After the war, Hugh Trevor-Roper pursued a successful career as a historian and academic, and in 1979 was raised to the peerage as Lord Dacre. But his reputation was seriously damaged in 1983 when he authenticated the so-called Hitler diaries, which were published in the Sunday Times before they were exposed as forgeries.
And what of Hitler? In 1938, in the manner of an emperor, he had outlined elaborate plans for his eventual funeral, envisaging himself lying forever in honour and glory as Germany’s conquering hero. He said he initially wanted his body to be displayed on a catafalque in front of the Feldherrnhalle (Field Marshals’ Hall) in Munich. It was there in 1923 that his attempt to seize power in the shambolic beer hall putsch had been thwarted in a bloody gun battle with police. After a ‘solemn but simple’ state funeral, his corpse would then be removed to the Temple of National Socialism on the city’s Koenigsplatz, where the remains of 15 Nazis killed in the putsch were already enshrined as martyrs. Hitler said: ‘There I shall rest under the eternal flame.’
There was to be no eternal flame for the Fuhrer. In June 1945, the Soviets buried his body and that of his wife in a forest near the town of Rathenow, 45 miles west of Berlin. The corpses were later exhumed and reburied 50 miles further south in the Soviet Army’s garrison in Magdeburg. Finally, in 1970, the KGB dug up the bodies, cremated them, ground the remains into ashes and scattered them in a river. Only Hitler’s jawbone and the skull fragment were preserved, being deposited in the Soviet archives in Moscow.
Then, in 2009 came a further dramatic twist in the saga when the Russians allowed an American geneticist to carry out DNA tests on samples taken from the skull fragment. The results were sensational – they revealed it was not a male skull, but that of a woman between 20 and 40 years old.

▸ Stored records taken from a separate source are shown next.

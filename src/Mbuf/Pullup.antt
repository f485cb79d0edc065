-- ===== src/Mbuf/Pullup.antt =====
-- `m_pullup` of generic/kern/uipc_mbuf.c. `mbufs` is the number of mbufs that the allocator still
-- has, and `max_protohdr` the global of generic/kern/uipc_domain.c.
use Prim.Native.Nat.{min, max}
use anp.Prelude.{
  ℕ, zero, suc, ◌+◌, ◌-◌, Bool, true, false, ◌||◌, ◌&&◌, not, List, [], ◌∷◌, ◌++◌, take, drop, ltb,
  leb, ◌==◌, if◌then◌else◌,
}
use anp.Mbuf.Chain.{Mbuf, m_len, is_ext, mlen, mhlen}
use anp.Mbuf.Build.{fresh, copy_pkthdr}

-- The chain, the null result, or a loop that has not ended on the fuel.
pub data Pulled : Type 0 where
  pulled : List Mbuf → Pulled
  no_space : Pulled
  out_of_fuel : Pulled

-- After the loop: too few bytes, or the mbufs that are left go behind `m`.
abbrev pub finish : ℕ → Mbuf → List Mbuf → Pulled
finish len m ns = if ltb 0 len then no_space else pulled (m ∷ ns)

abbrev pub piece : ℕ → ℕ → ℕ → Mbuf → ℕ
piece max_protohdr len space n = min (min (max len max_protohdr) space) (m_len n)

-- `m` after a round, and what is left of `n`.
abbrev pub filled : ℕ → Mbuf → Mbuf → Mbuf
filled count m n = record m { contents = m.contents ++ take count n.contents }

abbrev pub advanced : ℕ → Mbuf → Mbuf
advanced count n = record n { contents = drop count n.contents; offset = n.offset + count }

-- The `do` loop. `space` falls with each byte that `m` takes, and an empty `n` is freed.
unfoldable pub pull : ℕ → ℕ → ℕ → ℕ → Mbuf → Mbuf → List Mbuf → Pulled
pull zero max_protohdr len space m n ns = out_of_fuel
pull (suc fuel) max_protohdr len space m n [] =
    let count = piece max_protohdr len space n in
    let again =
      pull fuel max_protohdr (len - count) (space - count) (filled count m n) (advanced count n)
        [] in
    if m_len n == count
    then finish (len - count) (filled count m n) []
    else if ltb 0 (len - count)
    then again
    else finish (len - count) (filled count m n) (advanced count n ∷ [])
pull (suc fuel) max_protohdr len space m n (n₁ ∷ ns) =
    let count = piece max_protohdr len space n in
    let onward = pull fuel max_protohdr (len - count) (space - count) (filled count m n) n₁ ns in
    let again =
      pull fuel max_protohdr (len - count) (space - count) (filled count m n) (advanced count n)
        (n₁ ∷ ns) in
    if ltb 0 (len - count)
    then (if m_len n == count then onward else again)
    else if m_len n == count
    then finish (len - count) (filled count m n) (n₁ ∷ ns)
    else finish (len - count) (filled count m n) (advanced count n ∷ n₁ ∷ ns)

abbrev pub nonempty : List Mbuf → Bool
nonempty [] = false
nonempty (n ∷ ns) = true

-- The first mbuf takes the bytes itself, where it has room and a successor.
abbrev pub has_room : Mbuf → List Mbuf → ℕ → Bool
has_room n ns len = not (is_ext n) && ltb (n.offset + len) mlen && nonempty ns

abbrev pub into_first : ℕ → ℕ → ℕ → Mbuf → List Mbuf → Pulled
into_first fuel max_protohdr len n [] = no_space
into_first fuel max_protohdr len n (n₁ ∷ ns) =
    pull fuel max_protohdr (len - m_len n) (mlen - (n.offset + m_len n)) n n₁ ns

abbrev pub without_header : Mbuf → Mbuf
without_header n = if n.pkthdr then record n { pkthdr = false } else n

abbrev pub header_of : Mbuf → Mbuf
header_of n = if n.pkthdr then copy_pkthdr (fresh n.kind) n else fresh n.kind

unfoldable pub m_pullup : ℕ → ℕ → ℕ → Mbuf → List Mbuf → ℕ → Pulled
m_pullup fuel mbufs max_protohdr n ns len =
    if has_room n ns len
    then (if leb len (m_len n) then pulled (n ∷ ns) else into_first fuel max_protohdr len n ns)
    else if ltb mhlen len || mbufs == 0
    then no_space
    else pull fuel max_protohdr len (mlen - (header_of n).offset) (header_of n) (without_header n)
        ns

So if it wasn’t Hitler, was it the remains of Eva Braun? Although at 33 she was in the age range indicated by the analysis, it was thought unlikely to be her, because there had never been any evidence of her shooting herself or being shot.
The baffling discovery added yet another intriguing chapter to the story that had begun in the netherworld of the Berlin bunker in 1945. For those subscribing to the wilder claims about the fate of the Fuhrer, it opened fertile new fields of conspiracy theorising.

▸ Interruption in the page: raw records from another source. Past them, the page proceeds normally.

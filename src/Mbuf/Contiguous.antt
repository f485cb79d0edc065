-- ===== src/Mbuf/Contiguous.antt =====
-- What `m_pullup` of generic/kern/uipc_mbuf.c makes of a chain.
use anp.Prelude.{
  ℕ, zero, suc, ◌+◌, ◌-◌, ◌≤◌, ◌<◌, ◌≡◌, ◌≢◌, refl, true, false, ◌||◌, List, [], ◌∷◌, ◌++◌, arith,
  length, take, drop, ltb, leb, leb→le, leb_false→lt, ◌==◌, ==_iff, ltb→lt, Bool-cases, ◌⊎◌, inl,
  inr, append_assoc, ap, sym, ◌∙◌, take-append-drop, length-take, length-append, take_all,
}
use mathlib.Core.Bool.{false≢true}
use anp.Mbuf.Chain.{Mbuf, m_len, is_ext, mlen, mhlen, bytes_of, Fits}
use anp.Mbuf.Pullup.{
  Pulled, pulled, no_space, out_of_fuel, piece, filled, advanced, pull, nonempty, has_room,
  into_first, without_header, header_of, m_pullup,
}

-- What the result may be: null where the chain is too short, or a chain of the same bytes whose
-- first mbuf has `len` of them in storage of the mbuf itself.
abbrev Pullable : List ℕ → ℕ → Pulled → Type 0
Pullable bytes len (pulled []) = ⊥
Pullable bytes len (pulled (m ∷ ms)) =
    (bytes_of (m ∷ ms) ≡ bytes) × (len ≤ m_len m) × (is_ext m ≡ false) × (m.offset + m_len m ≤ mlen)
Pullable bytes len no_space = length bytes < len
Pullable bytes len out_of_fuel = ⊥

-- A round that takes all of `n`, or as many bytes as were asked for.
filled-bytes :
    (count : ℕ) (m n : Mbuf) (rest : List ℕ)
    → (filled count m n).contents ++ ((advanced count n).contents ++ rest)
      ≡ m.contents ++ (n.contents ++ rest)
filled-bytes count m n rest =
    append_assoc m.contents (take count n.contents) (drop count n.contents ++ rest)
    ∙ ap (λ r. m.contents ++ r)
        (sym (append_assoc (take count n.contents) (drop count n.contents) rest)
          ∙ ap (λ r. r ++ rest) (take-append-drop count n.contents))

-- The same, where the round has taken all of `n`.
filled-all :
    (count : ℕ) (m n : Mbuf) (rest : List ℕ)
    → m_len n ≡ count
    → (filled count m n).contents ++ rest ≡ m.contents ++ (n.contents ++ rest)
filled-all count m n rest h =
    rw (take_all count n.contents (omega arith)) (append_assoc m.contents n.contents rest)

length-filled :
    (count : ℕ) (m n : Mbuf) → count ≤ m_len n → m_len (filled count m n) ≡ m_len m + count
length-filled count m n h =
    omega (arith, length-append m.contents (take count n.contents), length-take count n.contents)

pull-Pullable :
    (fuel mp len space : ℕ) (m n : Mbuf) (ns : List Mbuf)
    → length ns < fuel
    → len ≤ space
    → m.offset + m_len m + space ≤ mlen
    → is_ext m ≡ false
    → Pullable
        (m.contents ++ (n.contents ++ bytes_of ns))
        (m_len m + len)
        (pull fuel mp len space m n ns)
unfolding pull
pull-Pullable zero mp len space m n ns f room fit own = absurd (omega arith)
pull-Pullable (suc fuel) mp len space m n [] f room fit own =
    let c : ℕ = piece mp len space n in
    let l : m_len (filled c m n) ≡ m_len m + c = length-filled c m n (omega arith) in
    elim (Bool-cases (m_len n == c)) [
      | inl all ↦
          let h : m_len n ≡ c = (==_iff (m_len n) c).0 all in
          elim (Bool-cases (ltb 0 (len - c))) [
            | inl short ↦
                let g = ltb→lt 0 (len - c) short in
                rw (all, short)
                  (omega (
                    arith,
                    length-append m.contents (n.contents ++ []),
                    length-append n.contents [],
                  ))
            | inr enough ↦
                let g : len ≤ c = ground arith in
                rw (all, enough) (filled-all c m n [] h, omega arith, own, omega arith)
          ]
      | inr part ↦
          let ne : m_len n ≢ c = λ e. cc (sym part ∙ (==_iff (m_len n) c).1 e) in
          let h : len - c ≡ 0 = omega arith in
          rw (part, h) (filled-bytes c m n [], omega arith, own, omega arith)
    ]
pull-Pullable (suc fuel) mp len space m n (n₁ ∷ ns) f room fit own =
    let c : ℕ = piece mp len space n in
    let l : m_len (filled c m n) ≡ m_len m + c = length-filled c m n (omega arith) in
    elim (Bool-cases (ltb 0 (len - c))) [
      | inl short ↦
          let g = ltb→lt 0 (len - c) short in
          let h : m_len n ≡ c = omega arith in
          let all : (m_len n == c) ≡ true = (==_iff (m_len n) c).1 h in
          let e : m_len m + len ≡ m_len (filled c m n) + (len - c) = omega arith in
          rw (short, all, e, ← filled-all c m n (bytes_of (n₁ ∷ ns)) h)
            (pull-Pullable fuel mp (len - c) (space - c) (filled c m n) n₁ ns (omega arith)
              (omega arith) (omega arith) own)
      | inr enough ↦ elim (Bool-cases (m_len n == c)) [
        | inl all ↦
            let h : m_len n ≡ c = (==_iff (m_len n) c).0 all in
            let g : len ≤ c = ground arith in
            rw (enough, all)
              (filled-all c m n (bytes_of (n₁ ∷ ns)) h, omega arith, own, omega arith)
        | inr part ↦
            let g : len ≤ c = ground arith in
            rw (enough, part)
              (filled-bytes c m n (bytes_of (n₁ ∷ ns)), omega arith, own, omega arith)
      ]
    ]

-- What `m_pullup` may give: a chain of the same bytes whose first mbuf has no cluster and holds `len`
-- of them inside its storage; or null, for want of bytes, of an mbuf, or of room in one.
abbrev pub IsPulledUp : List ℕ → ℕ → ℕ → Pulled → Type 0
IsPulledUp bytes len mbufs (pulled ms) = Pullable bytes len (pulled ms)
IsPulledUp bytes len mbufs no_space = (length bytes < len) ⊎ ((mbufs ≡ 0) ⊎ (mhlen < len))
IsPulledUp bytes len mbufs out_of_fuel = ⊥

Pullable→IsPulledUp :
    (bytes : List ℕ) (len mbufs : ℕ) (r : Pulled)
    → Pullable bytes len r
    → IsPulledUp bytes len mbufs r
Pullable→IsPulledUp bytes len mbufs (pulled ms) h = h
Pullable→IsPulledUp bytes len mbufs no_space h = inl h
Pullable→IsPulledUp bytes len mbufs out_of_fuel h = h

-- The new first mbuf, with the packet header moved to it if there is one.
header_room : (n : Mbuf) (len : ℕ) → len ≤ mhlen → len ≤ mlen - (header_of n).offset
header_room n len h = ground arith

header_fits :
    (n : Mbuf) → (header_of n).offset + m_len (header_of n) + (mlen - (header_of n).offset) ≤ mlen
header_fits n = ground arith

header_own : (n : Mbuf) → is_ext (header_of n) ≡ false
header_own n = ground arith

header_empty : (n : Mbuf) → (header_of n).contents ≡ []
header_empty n = ground arith

without_header-contents : (n : Mbuf) → (without_header n).contents ≡ n.contents
without_header-contents n = ground arith

into_first-Pullable :
    (fuel mp len : ℕ) (n : Mbuf) (ns : List Mbuf)
    → nonempty ns ≡ true
    → length ns ≤ fuel
    → m_len n ≤ len
    → n.offset + len ≤ mlen
    → is_ext n ≡ false
    → Pullable (n.contents ++ bytes_of ns) len (into_first fuel mp len n ns)
into_first-Pullable fuel mp len n [] ne f short fit own = absurd (false≢true ne)
into_first-Pullable fuel mp len n (n₁ ∷ ns) ne f short fit own =
    let e : len ≡ m_len n + (len - m_len n) = omega arith in
    let p =
      pull-Pullable fuel mp (len - m_len n) (mlen - (n.offset + m_len n)) n n₁ ns (omega arith)
        (omega arith) (omega arith) own in
    rw (← e) at p

-- For a chain whose data lie in their storage, `m_pullup` ends within as many rounds as the chain has
-- mbufs. It keeps the bytes of the chain, and
-- puts `len` of them into the storage of the first mbuf; it gives null only if the chain is shorter
-- than `len`, no mbuf can be allocated, or `len` is more than an mbuf with a header holds.
pub m_pullup-IsPulledUp :
    (fuel mbufs mp : ℕ) (n : Mbuf) (ns : List Mbuf) (len : ℕ)
    → length (n ∷ ns) ≤ fuel
    → Fits (n ∷ ns)
    → IsPulledUp (bytes_of (n ∷ ns)) len mbufs (m_pullup fuel mbufs mp n ns len)
unfolding m_pullup
m_pullup-IsPulledUp fuel mbufs mp n ns len f fit = elim (Bool-cases (has_room n ns len)) [
  | inl room ↦
      let own : is_ext n ≡ false = ground arith in
      let space : n.offset + len < mlen = ground arith in
      let more : nonempty ns ≡ true = ground arith in
      elim (Bool-cases (leb len (m_len n))) [
        | inl already ↦
            rw (m_pullup, room, already) (refl, leb→le len (m_len n) already, own, (fit.0 own).1)
        | inr short ↦
            let h = leb_false→lt len (m_len n) short in
            rw (m_pullup, room, short)
              (Pullable→IsPulledUp (bytes_of (n ∷ ns)) len mbufs (into_first fuel mp len n ns) (
                into_first-Pullable fuel mp len n ns more (omega arith) (omega arith) (omega arith)
                  own))
      ]
  | inr none_left ↦ elim (Bool-cases (ltb mhlen len || mbufs == 0)) [
    | inl bad ↦ rw (m_pullup, none_left, bad) (inr (ground arith))
    | inr good ↦
        let h : len ≤ mhlen = ground arith in
        let p =
          pull-Pullable fuel mp len (mlen - (header_of n).offset) (header_of n) (without_header n)
            ns (omega arith) (header_room n len h) (header_fits n) (header_own n) in
        let z : 0 + len ≡ len = omega arith in
        let p' = rw (header_empty n, without_header-contents n, z) at p in
        rw (m_pullup, none_left, good) (Pullable→IsPulledUp (bytes_of (n ∷ ns)) len mbufs _ p')
  ]
]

In 1941, Winston Churchill had forecast Hitler’s total downfall, saying: ‘Every trace of Hitler’s footsteps, every stain of his infected, corroding fingers will be sponged and purged and, if need be, blasted from the surface of the Earth.’ In a physical sense, he was correct – Hitler has been burning in his Wagnerian hell these 80 years past. But in a wider sense, as long as rumour and speculation continue to swirl around the events of April 1945, the prediction has not quite been fulfilled.